De nombreuses personnes ne ressentent que rarement la faim car, pour différentes raisons, elles mangent avant d’avoir faim ou indépendamment de la faim : parce que c’est l’heure, parce que c’est « important » de ne pas sauter de repas, pour faire une pause, pour se changer les idées ou parce que le signal de la faim leur est désagréable.
La faim et l’envie de manger sont parfois confondues. L’envie de manger correspond au désir de manger un aliment spécifique dont on attend du plaisir. Elle vient donc orienter nos choix alimentaires. Il est tout à fait normal de ressentir cette envie. Elle n’est toutefois pas forcément liée à la faim et ne se manifeste pas pour signaler un besoin physique. Elle peut être stimulée par des éléments liés au goût, au plaisir, aux sens : « c’est bon / cela sent bon / je vois des aliments dans une vitrine… et j‘ai envie de manger ces aliments ». Elle peut aussi être activée par des situations émotionnelles telles que le stress, l’angoisse, la nervosité, la tristesse, la colère, la peur…
L’envie de manger est donc une perception complexe. Elle est parfois aussi induite, comme nous l’avons vu plus haut, par la restriction cognitive: nous avons envie de manger justement l’aliment que nous nous interdisons.
Utiliser les sensations corporelles
Comment faire pour nous arrêter de manger lorsque nous sommes rassasiés, mais pas encore dans une situation de « trop » ? Le rassasiement correspond à la disparition de la faim et de l’envie de manger et devrait entraîner l’interruption de la consommation. Cerner ce moment où l’envie de manger et le plaisir de manger baissent n’est pas toujours facile. Plusieurs facteurs perturbent nos propres observations : manger rapidement, machinalement ou sans attention et en faisant d’autres activités en même temps. La sensation du « trop » est aussi intéressante et utile. Elle amène de l’inconfort physique et nous pousse à nous arrêter de manger, ce qui est justement le but recherché.
Des exercices d’observation sans jugement de nos sensations constituent un premier pas dans le rétablissement d’un comportement alimentaire physiologique. Peu à peu, nous allons passer à un deuxième étape, soit l’utilisation de nos sensations corporelles pour réguler les apports alimentaires.
Comme lors de l’apprentissage d’une langue étrangère, l’exercice et la pratique vont permettre de nous sentir de plus en plus à l’aise.
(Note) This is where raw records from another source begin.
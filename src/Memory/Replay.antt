-- ===== src/Memory/Replay.antt =====
-- What a replay finds in a consistent store.
use aicti.Base.{
  sorted_texts, ℕ, suc, String, concat, ◌==◌, ◌≡◌, refl, sym, ap, subst, ◌∙◌, eq_refl, eq_iff, Bool,
  true, false, ◌&&◌, Option, none, some, List, [], ◌∷◌, keep, first, map, ok, ok-injective, arith,
  if◌then◌else◌, Bool-cases, inl, inr, and_true, and_intro,
}
use aicti.Value.{Value, is_text}
use aicti.Library.{Library}
use aicti.Db.{Db, MemoryEvent, MemoryView}
use aicti.Memory.{
  map_some, check_event, check_view, check_views, expected_prev, lookup, put, replay_events, replay,
  in_order, latest_of,
}
use aicti.Memory.Order.{of_scope, ascending, keep-in_order}
use aicti.Memory.Chain.{Linked, Linked-ascending, View, Consistent}

pub lookup-put_same :
    (s h : String) (latest : List (String × String)) → lookup s (put s h latest) ≡ some h
unfolding lookup put
lookup-put_same s h [] = rw (eq_refl s) refl
lookup-put_same s h ((t, g) ∷ latest) = elim (Bool-cases (t == s)) [
  | inl e ↦ rw e (rw e refl)
  | inr e ↦ rw e (rw e (lookup-put_same s h latest))
]

pub lookup-put_other :
    (s t h : String) (latest : List (String × String))
    → (t == s) ≡ false
    → lookup s (put t h latest) ≡ lookup s latest
unfolding lookup put
lookup-put_other s t h [] differ = rw differ refl
lookup-put_other s t h ((u, g) ∷ latest) differ = elim (Bool-cases (u == t)) [
  | inl e ↦
      let apart : (u == s) ≡ false = ap (λ v. v == s) ((eq_iff u t).0 e) ∙ differ in
      rw e (rw apart refl)
  | inr e ↦ rw e (elim (Bool-cases (u == s)) [
    | inl f ↦ rw f refl
    | inr f ↦ rw f (lookup-put_other s t h latest differ)
  ])
]

abbrev is_none : Option String → Bool
is_none none = true
is_none (some hash) = false

-- Each scope stands once.
abbrev unique : List (String × String) → Bool
unique [] = true
unique ((s, h) ∷ latest) = is_none (lookup s latest) && unique latest

unique-put :
    (s h : String) (latest : List (String × String))
    → unique latest ≡ true
    → unique (put s h latest) ≡ true
unfolding put lookup
unique-put s h [] u = refl
unique-put s h ((t, g) ∷ latest) u = elim (Bool-cases (t == s)) [
  | inl e ↦ rw e u
  | inr e ↦
      let (alone, rest) = and_true (is_none (lookup t latest)) (unique latest) u in
      let apart : (s == t) ≡ false = ground (arith, eq_iff s t, eq_iff t s) in
      rw e (
        and_intro (ap is_none (lookup-put_other t s h latest apart) ∙ alone)
          (unique-put s h latest rest))
]

module _ (library : Library) (str_text : (s : String) → library.str (Value.text s) ≡ s) where
  pub expected_prev-lookup :
      (s : String) (latest : List (String × String))
      → expected_prev library s latest ≡ lookup s latest
  unfolding expected_prev
  expected_prev-lookup s latest = same_hash (lookup s latest)
    where
      same_hash : (o : Option String) → map_some (λ hash. library.str (Value.text hash)) o ≡ o
      same_hash none = refl
      same_hash (some hash) = ap some (str_text hash)

module _ (library : Library) where
  -- The events of the scope that are left follow on the hash found so far, and end at a good one.
  abbrev Follows :
      (String → Option String → Type 0)
      → List (String × String)
      → List MemoryEvent
      → String
      → Type 0
  Follows Good latest rows s =
      (n : ℕ) × (q : Option String) × (m : ℕ) × Linked library (lookup s latest) n
        (keep (of_scope s) rows) q m
      × Good s q

  follows_next :
      (Good : String → Option String → Type 0) (latest : List (String × String)) (e : MemoryEvent)
      (rows : List MemoryEvent) (hash : String)
      → check_event library (lookup e.scope latest) e.value ≡ ok hash
      → ((s : String) → Follows Good latest (e ∷ rows) s)
      → (s : String) → Follows Good (put e.scope hash latest) rows s
  follows_next Good latest e rows hash checked follows s = elim (Bool-cases (of_scope s e)) [
    | inl same ↦
        let (n, q, m, linked, good) = follows s in
        let here : e.scope ≡ s = (eq_iff e.scope s).0 same in
        let (found, key, found_checked, rest) =
          subst (λ es. Linked library (lookup s latest) n es q m)
            (ap (λ b. if b then e ∷ keep (of_scope s) rows else keep (of_scope s) rows) same)
            linked in
        let equal : found ≡ hash = ok-injective (
          sym found_checked
          ∙ ap (λ t. check_event library (lookup t latest) e.value) (sym here)
          ∙ checked) in
        (
          suc n,
          q,
          m,
          subst (λ p. Linked library p (suc n) (keep (of_scope s) rows) q m)
              (ap some equal
                ∙ sym (
                    ap (λ t. lookup t (put e.scope hash latest)) (sym here)
                    ∙ lookup-put_same e.scope hash latest))
              rest,
          good,
        )
    | inr other ↦
        let (n, q, m, linked, good) = follows s in
        (
          n,
          q,
          m,
          subst (λ p. Linked library p n (keep (of_scope s) rows) q m)
              (sym (lookup-put_other s e.scope hash latest other))
              (subst (λ es. Linked library (lookup s latest) n es q m)
                (ap (λ b. if b then e ∷ keep (of_scope s) rows else keep (of_scope s) rows) other)
                linked),
          good,
        )
  ]

  checked_first :
      (Good : String → Option String → Type 0) (latest : List (String × String)) (e : MemoryEvent)
      (rows : List MemoryEvent)
      → Follows Good latest (e ∷ rows) e.scope
      → (hash : String) × (check_event library (lookup e.scope latest) e.value ≡ ok hash)
  checked_first Good latest e rows (n, q, m, linked, good) =
      let (hash, key, checked, rest) =
        subst (λ es. Linked library (lookup e.scope latest) n es q m)
          (ap (λ b. if b then e ∷ keep (of_scope e.scope) rows else keep (of_scope e.scope) rows)
            (eq_refl e.scope))
          linked in
      (hash, checked)

module _ (library : Library) (str_text : (s : String) → library.str (Value.text s) ≡ s) where
  -- The loop over the events gets to the end, and the hashes it has then are good ones.
  replay_events-Follows :
      (Good : String → Option String → Type 0) (latest : List (String × String))
      (rows : List MemoryEvent)
      → unique latest ≡ true
      → ((s : String) → Follows library Good latest rows s)
      → (final : List (String × String)) × (replay_events library latest rows ≡ ok final)
        × (unique final ≡ true)
        × ((s : String) → Good s (lookup s final))
  unfolding replay_events
  replay_events-Follows Good latest [] u follows = (
    latest,
    refl,
    u,
    λ s. let (n, q, m, (same, at), good) = follows s in subst (Good s) (sym same) good,
  )
  replay_events-Follows Good latest (e ∷ rows) u follows =
      let (hash, checked) = checked_first library Good latest e rows (follows e.scope) in
      let (final, done, once, good) =
        replay_events-Follows Good (put e.scope hash latest) rows (unique-put e.scope hash latest u)
          (follows_next library Good latest e rows hash checked follows) in
      (
        final,
        rw (expected_prev-lookup library str_text e.scope latest) (rw checked done),
        once,
        good,
      )

-- A hash that the scope's view has too.
abbrev InView : List MemoryView → String → Option String → Type 0
InView views s none = Unit {0}
InView views s (some hash) = (m : ℕ) × View (first (latest_of s) views) (some hash) m

check_view-View :
    (view : Option MemoryView) (hash : String) (m : ℕ)
    → View view (some hash) m
    → check_view view hash ≡ ok tt
unfolding check_view is_text
check_view-View none hash m (missing, start) = cc
check_view-View (some view) hash m (recorded, payload, same, value, version, last) =
    let equal : hash ≡ recorded = cc in rw value (rw last (rw equal (rw (eq_refl recorded) refl)))

later_entry :
    (s h t g : String) (latest : List (String × String))
    → is_none (lookup s latest) ≡ true
    → lookup t latest ≡ some g
    → lookup t ((s, h) ∷ latest) ≡ some g
unfolding lookup
later_entry s h t g latest alone found = elim (Bool-cases (s == t)) [
  | inl e ↦
      let absent : is_none (some g) ≡ true =
        ap is_none (sym found ∙ ap (λ u. lookup u latest) (sym ((eq_iff s t).0 e))) ∙ alone in
      cc
  | inr e ↦ rw e found
]

check_views-InView :
    (views : List MemoryView) (latest : List (String × String))
    → unique latest ≡ true
    → ((s h : String) → lookup s latest ≡ some h → InView views s (some h))
    → check_views views latest ≡ ok tt
unfolding check_views lookup
check_views-InView views [] u good = refl
check_views-InView views ((s, h) ∷ latest) u good =
    let (alone, rest) = and_true (is_none (lookup s latest)) (unique latest) u in
    let (m, view) = good s h (rw (eq_refl s) refl) in
    rw (check_view-View _ h m view) (
      check_views-InView views latest rest
        (λ t g found. good t g (later_entry s h t g latest alone found)))

keep-keep_in :
    (p : String → Bool) (s : String) (es : List MemoryEvent)
    → p s ≡ true
    → keep (of_scope s) (keep (λ (e : MemoryEvent). p e.scope) es) ≡ keep (of_scope s) es
keep-keep_in p s [] h = refl
keep-keep_in p s (e ∷ es) h = elim (Bool-cases (of_scope s e)) [
  | inl same ↦
      let matched : p e.scope ≡ true = ap p ((eq_iff e.scope s).0 same) ∙ h in
      rw matched (rw same (ap (λ l. e ∷ l) (keep-keep_in p s es h)))
  | inr other ↦ elim (Bool-cases (p e.scope)) [
    | inl f ↦ rw f (rw other (keep-keep_in p s es h))
    | inr f ↦ rw f (rw other (keep-keep_in p s es h))
  ]
]

keep-keep_out :
    (p : String → Bool) (s : String) (es : List MemoryEvent)
    → p s ≡ false
    → keep (of_scope s) (keep (λ (e : MemoryEvent). p e.scope) es) ≡ []
keep-keep_out p s [] h = refl
keep-keep_out p s (e ∷ es) h = elim (Bool-cases (p e.scope)) [
  | inr f ↦ rw f (keep-keep_out p s es h)
  | inl f ↦
      let apart : of_scope s e ≡ false = elim (Bool-cases (of_scope s e)) [
        | inr other ↦ other
        | inl same ↦ let clash : true ≡ false = sym f ∙ ap p ((eq_iff e.scope s).0 same) ∙ h in cc
      ] in
      rw f (rw apart (keep-keep_out p s es h))
]

module _ (library : Library) (str_text : (s : String) → library.str (Value.text s) ≡ s)
    (like : String → String → Bool) (run_id : String) (db : Db)
    (consistent : Consistent library db) where
  abbrev selected : List MemoryEvent
  selected = keep (λ (e : MemoryEvent). like e.scope (concat run_id ":%")) db.memory_events

  abbrev Viewed : String → Option String → Type 0
  Viewed s q = (hash : String) → q ≡ some hash → InView db.memory_views s (some hash)

  start : (s : String) → Follows library Viewed [] (in_order selected) s
  unfolding lookup
  start s = elim (Bool-cases (like s (concat run_id ":%"))) [
    | inl e ↦
        let (q, m, linked, view) = consistent s in
        let whole = keep-keep_in (λ t. like t (concat run_id ":%")) s db.memory_events e in
        let same : keep (of_scope s) (in_order selected) ≡ keep (of_scope s) db.memory_events =
          keep-in_order s selected
            (ap ascending whole ∙ Linked-ascending library none 0 _ q m linked)
          ∙ whole in
        (
          0,
          q,
          m,
          subst (λ es. Linked library none 0 es q m) (sym same) linked,
          λ hash h. (m, subst (λ r. View (first (latest_of s) db.memory_views) r m) h view),
        )
    | inr e ↦
        let nothing = keep-keep_out (λ t. like t (concat run_id ":%")) s db.memory_events e in
        let same : keep (of_scope s) (in_order selected) ≡ [] =
          keep-in_order s selected (ap ascending nothing) ∙ nothing in
        (
          0,
          none,
          0,
          subst (λ es. Linked library none 0 es none 0) (sym same) (refl, refl),
          λ hash h. cc,
        )
  ]

  pub replay-succeeds : (scopes : List String) × (replay library like run_id db ≡ ok scopes)
  unfolding replay
  replay-succeeds =
      let (final, done, once, good) =
        replay_events-Follows library str_text Viewed [] (in_order selected) refl start in
      (
        sorted_texts (map (λ (p : String × String). p.0) final),
        rw done
            (rw (check_views-InView db.memory_views final once (λ s h found. good s h found)) refl),
      )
Le langage corporel va devenir plus clair, plus précis, plus accessible et nous allons le respecter de plus en plus souvent.
Respecter nos besoins corporels amène une sensation de confort et des pensées positives qui nous poussent à continuer sur ce chemin bien moins spectaculaire que la restriction ou les régimes, mais bien plus durable.
Plus longtemps et plus profondément ce mécanisme aura été fragilisé, plus il sera nécessaire, pour le remettre en état, de nous faire accompagner dans notre démarche par des professionnels formés à la problématique des troubles du comportement alimentaire.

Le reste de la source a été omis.